It is necessary and significant to make a comparison between the derived Ni–Nb–Ti GFR with experimental observations. One notes that plenty of metallic glasses were obtained in binary Ni–Nb and Ni–Ti systems and ternary Ni–Nb–Ti systems by various production techniques such as ion beam mixing (IBM),⁴⁹ rapid solidification (RS),^12,50,51 combinatorial arc plasma deposition (CAPD)¹³ and mechanical alloying (MA).⁵² The compositions of glassy alloys synthesized by the above techniques were flagged by colorful symbols as indicated in Fig. 5. Fig. 5 indicates that the GFR of binary Ni–Nb system is acquired from the IBM data as 15–80 at% Nb, while the RS results reveal the GFR of 30–60 at% Nb. Both the GFR obtained from experiments are either close to or within the GFR of 20–75 at% Nb derived from atomic simulations, implying that the experimental observations and the atomic simulations of Ni–Nb alloys are in good consistency, considering the 5 at% composition error. The GFR of 28–72 at% Ti in the Ni–Ti system achieved through MA was compared with that of 20–80 at% Ti predicted in Fig. 5, showing good accordance. The Ni–Nb–Ti metallic glasses were produced through CAPD within the composition region of 25–80 at% Ni, 0–70 at% Nb, and 0–75 at% Ti,¹³ which is very close to the predicted GFR. In brief, all the experimental results are located in the predicted GFR, indicating that the predicted GFR in the present research are realistic and reliable.

It is interesting to compare the predicted GFR of the Ni–Nb–Ti system with those predicted GFR of the Ni–Nb–Mo²⁹ and Ni–Nb–Zr⁵³ systems as well. It was found that the GFR of Ni–Nb–Zr reveals the largest glass formation composition region covering the Nb–Zr side, and the GFR of Ni–Nb–Ti indicates a relatively smaller glass formation composition region, while the GFR of Ni–Nb–Mo exhibits the smallest glass formation composition region. The GFR of the three metallic systems signifies that the Zr, Ti and Mo elements all contribute to improving the GFR of the Ni–Nb system while the alloying effects of the three elements on the Ni–Nb metallic glasses show some distinctions. The comparison also indicates that the GFR of metallic systems with three different metal structures (Ni–Nb–Ti and Ni–Nb–Zr) indicate a larger composition region than that of the metallic system with only two metal structures (Ni–Nb–Mo). In particular, the predicted GFR of the Ni–Nb–Ti system indicated the glass formation composition range of the Ni–Nb system as 20–75 at% Nb, which was close to that of 15–75 at% Nb predicted in the Ni–Nb–Mo system and 15–80 at% Nb predicted in the Ni–Nb–Zr system. The consistency of the glass formation composition range of the Ni–Nb system provided further evidence for the reliability of the present simulations.
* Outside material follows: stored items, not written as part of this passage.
-- ===== src/Launch/Workflow/Calls/Decision.antt =====
-- When `decide_approval` of backend/launchloop/services.py returns, and that a decision is final.
use civic_loop.Launch.{Package}
use civic_loop.Launch.Workflow.Consistency.Kept.{Rows-at}
use civic_loop.Launch.Workflow.Consistency.Decided.{pending-Rows}
use civic_loop.Launch.Workflow.Consistency.{IsConsistent}
use civic_loop.Launch.Owner.{Calendar}
use package.text.Mathlib.TextEquality.{eq_iff}
use Prim.Native.String.{◌++◌ as append}
use civic_loop.Launch.Workflow.Consistency.Returned.{
  may_decide_ok, decide_approval_ok, approved_board, approve_ok,
}
use civic_loop.Launch.Workflow.Calls.{
  create_execution, is_pending, reject, approve, may_decide, decide_approval,
}
use civic_loop.Launch.Workflow.{
  DemoError, needs_input, in_review, completed, Role, ApprovalStatus, SourceKind, approver, Actor,
  is_approver, pending, ApprovalRequest, Board, synthetic, source_kind, is_synthetic, transition,
}
use civic_loop.Prelude.Result.{is_ok, Result, err, ok}
use civic_loop.Prelude.{
  str_eq-false, subst, refl, sym, ==_iff, ◌↔◌, none, if◌then◌else◌, ℕ, String, ◌≡◌, ◌≢◌, ◌⊎◌, inl,
  inr, true, false, some, arith, ◌==◌, str_eq, any,
}

-- What lets a decision on a request be recorded.
abbrev pub Admits : ℕ → Actor → String → String → Board → ApprovalRequest → Type 0
Admits approval_id actor decision submitted_hash b a =
    (b.approval ≡ some a)
    × (a.id ≡ approval_id)
    × (source_kind b.workflow.revision ≡ synthetic)
    × (actor.slug ≢ a.submitter)
    × (actor.role ≡ approver)
    × (a.status ≡ pending)
    × (submitted_hash ≡ a.package_hash)
    × ((decision ≡ "reject")
        ⊎ ((decision ≡ "approve")
            × (any (λ k. str_eq k (append "launchloop:" a.package_hash)) b.other_keys ≡ false)))

closed : (r : Result DemoError Board) → ((b : Board) → r ≢ ok b) → is_ok r ≡ false
closed (ok b) h = elim (h b refl) [ ]
closed (err e) h = refl

-- A decision is final: once one was recorded, every later decision on the workflow's request
-- raises, whoever makes it and whatever it is.
pub decide_approval_once :
    (approval_id other_id : ℕ) (actor other : Actor)
    (decision other_decision submitted_hash other_hash reason other_reason : String) (now later : ℕ)
    (b b' : Board)
    → decide_approval approval_id actor decision submitted_hash reason now b ≡ ok b'
    → is_ok (decide_approval other_id other other_decision other_hash other_reason later b') ≡ false
unfolding approved_board reject transition
decide_approval_once approval_id other_id actor other decision other_decision submitted_hash
      other_hash reason other_reason now later b b' h =
    let (a, e, may, how) =
      decide_approval_ok approval_id actor decision submitted_hash reason now b b' h in
    closed _ (λ b'' h'.
      let (a', e', may', _) =
        decide_approval_ok other_id other other_decision other_hash other_reason later b' b'' h' in
      let (_, _, open_request, _, _) = may_decide_ok a' other other_decision other_hash b' may' in
      elim how [
        | inl eq ↦ ground arith
        | inr done ↦ let eq = approve_ok a actor reason now b b' done in ground arith
      ])

admitted :
    (approval_id : ℕ) (actor : Actor) (decision submitted_hash reason : String) (now : ℕ)
    (b b' : Board)
    → decide_approval approval_id actor decision submitted_hash reason now b ≡ ok b'
    → (a : ApprovalRequest) × (b.approval ≡ some a)
      × (a.id == approval_id ≡ true)
      × (is_synthetic (source_kind b.workflow.revision) ≡ true)
      × (str_eq actor.slug a.submitter ≡ false)
      × (is_approver actor.role ≡ true)
      × (is_pending a.status ≡ true)
      × (str_eq submitted_hash a.package_hash ≡ true)
      × ((str_eq decision "reject" ≡ true)
          ⊎ ((str_eq decision "approve" ≡ true)
              × (any (λ k. str_eq k (append "launchloop:" a.package_hash)) b.other_keys ≡ false)))
unfolding decide_approval may_decide approve create_execution transition
admitted approval_id actor decision submitted_hash reason now b b' h = ground arith

-- What `decide_approval` leaves for each decision that it takes.
abbrev pub decided_board : String → ApprovalRequest → Actor → String → ℕ → Board → Board
decided_board decision a actor reason now b =
    if str_eq decision "reject"
    then reject a actor reason now b
    else approved_board a actor reason now b

pub decision_taken :
    (approval_id : ℕ) (actor : Actor) (decision submitted_hash reason : String) (now : ℕ)
    (b : Board) (a : ApprovalRequest)
    → b.execution ≡ none
    → (b.approval ≡ some a)
    → (a.id == approval_id ≡ true)
    → (is_synthetic (source_kind b.workflow.revision) ≡ true)
    → (str_eq actor.slug a.submitter ≡ false)
    → (is_approver actor.role ≡ true)
    → (is_pending a.status ≡ true)
    → (str_eq submitted_hash a.package_hash ≡ true)
    → ((str_eq decision "reject" ≡ true)
        ⊎ ((str_eq decision "approve" ≡ true)
            × (str_eq decision "reject" ≡ false)
            × (any (λ k. str_eq k (append "launchloop:" a.package_hash)) b.other_keys ≡ false)))
    → decide_approval approval_id actor decision submitted_hash reason now b
      ≡ ok (decided_board decision a actor reason now b)
unfolding decide_approval may_decide approve create_execution transition approved_board
decision_taken approval_id actor decision submitted_hash reason now b a x e i s o r p q d =
    ground arith

is_synthetic_lem : (k : SourceKind) → is_synthetic k ≡ true → k ≡ synthetic
is_synthetic_lem k h = ground arith

is_approver_lem : (r : Role) → is_approver r ≡ true → r ≡ approver
is_approver_lem r h = ground arith

is_pending_lem : (s : ApprovalStatus) → is_pending s ≡ true → s ≡ pending
is_pending_lem s h = ground arith

decided_status :
    (decision : String) (a : ApprovalRequest) (actor : Actor) (reason : String) (now : ℕ)
    (b : Board)
    → (decided_board decision a actor reason now b).workflow.status
      ≡ (if str_eq decision "reject" then needs_input else completed)
unfolding reject transition approved_board
decided_status decision a actor reason now b = ground arith

not_reject : (decision : String) → decision ≡ "approve" → str_eq decision "reject" ≡ false
not_reject decision h = subst (λ d. str_eq d "reject" ≡ false) (sym h) refl

-- On a consistent board, a decision is recorded exactly when: a request with that identifier is
-- pending on a synthetic revision, the actor is an approver other than the submitter, the
-- submitted hash is the request's, and the decision is to reject, or to approve with a connector
-- key that no other workflow uses. The workflow then needs input again, or is completed.
pub decide_approval_iff :
    (package_hash : Package → String) (calendar : Calendar) (approval_id : ℕ) (actor : Actor)
    (decision submitted_hash reason : String) (now : ℕ) (b : Board)
    → IsConsistent package_hash calendar b
    → ((b' : Board) × (decide_approval approval_id actor decision submitted_hash reason now b
          ≡ ok b')
        × (b'.workflow.status ≡ (if str_eq decision "reject" then needs_input else completed)))
      ↔ ((a : ApprovalRequest) × Admits approval_id actor decision submitted_hash b a)
decide_approval_iff package_hash calendar approval_id actor decision submitted_hash reason now b k =
    (
      λ (b', h, _).
          let (a, e, i, s, o, r, p, q, d) =
            admitted approval_id actor decision submitted_hash reason now b b' h in
          (
            a,
            (
              e,
              (==_iff _ _).0 i,
              is_synthetic_lem _ s,
              (str_eq-false _ _).1 o,
              is_approver_lem _ r,
              is_pending_lem _ p,
              (eq_iff _ _).0 q,
              elim d [ inl t ↦ inl ((eq_iff _ _).0 t) | inr (t, f) ↦ inr ((eq_iff _ _).0 t, f) ],
            ),
          ),
      λ (a, (e, i, s, o, r, p, q, d)).
          let open_request = subst (λ t. is_pending t ≡ true) (sym p) refl in
          let at = pending-Rows package_hash calendar b a b.workflow.status k.rows e open_request in
          let (_, _, _, _, _, _, x) = Rows-at package_hash calendar b in_review at k in
          (
            decided_board decision a actor reason now b,
            decision_taken approval_id actor decision submitted_hash reason now b a x e
                ((==_iff _ _).1 i) (subst (λ t. is_synthetic t ≡ true) (sym s) refl)
                ((str_eq-false _ _).0 o) (subst (λ t. is_approver t ≡ true) (sym r) refl)
                open_request ((eq_iff _ _).1 q)
                (elim d [
                  | inl t ↦ inl ((eq_iff _ _).1 t)
                  | inr (t, f) ↦ inr ((eq_iff _ _).1 t, not_reject _ t, f)
                ]),
            decided_status decision a actor reason now b,
          ),
    )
5. Composition optimization of Ni–Nb–Ti glassy alloys

As discussed in Section 4, the GFR of the Ni–Nb–Ti metallic system was derived. If one refers to the GFR, one is able to predict whether glassy alloys can be produced at a chosen composition of the Ni–Nb–Ti system. Nonetheless, other issues that how to access the GFA of ternary Ni–Nb–Ti alloys and how to find the optimized compositions for the alloys with large GFA are not solved yet. As mentioned in Section 1, the driving force for the amorphization of a crystalline phase can be correlated to the GFA of a particular alloy. From the perspective of thermodynamics, the formation enthalpy difference between the amorphous glassy alloy and the corresponding crystalline solid solution can be thought of as the driving force for amorphization or vitrification, while the formation enthalpy difference between the intermetallic and amorphous alloy could be considered as the resistance for glass formation against crystallization.⁵⁴ As intermetallics were difficult to form during the atomic simulations and the formation enthalpy of the intermetallics was also complex to calculate, so the resistance for glass formation was not considered for the sake of simplifying the calculation. Besides, the growth of intermetallics is frequently related to the quenching and reheating process of the metallic glasses, which are not involved in the present research. As a consequence, the GFA of the Ni–Nb–Ti alloys are able to be assessed based on the driving force for the transformation from crystalline solid solutions to metallic glasses, indicating that the larger the driving forces, the larger the GFA. Furthermore, the optimized compositions can be determined according to the large driving forces of the corresponding alloys.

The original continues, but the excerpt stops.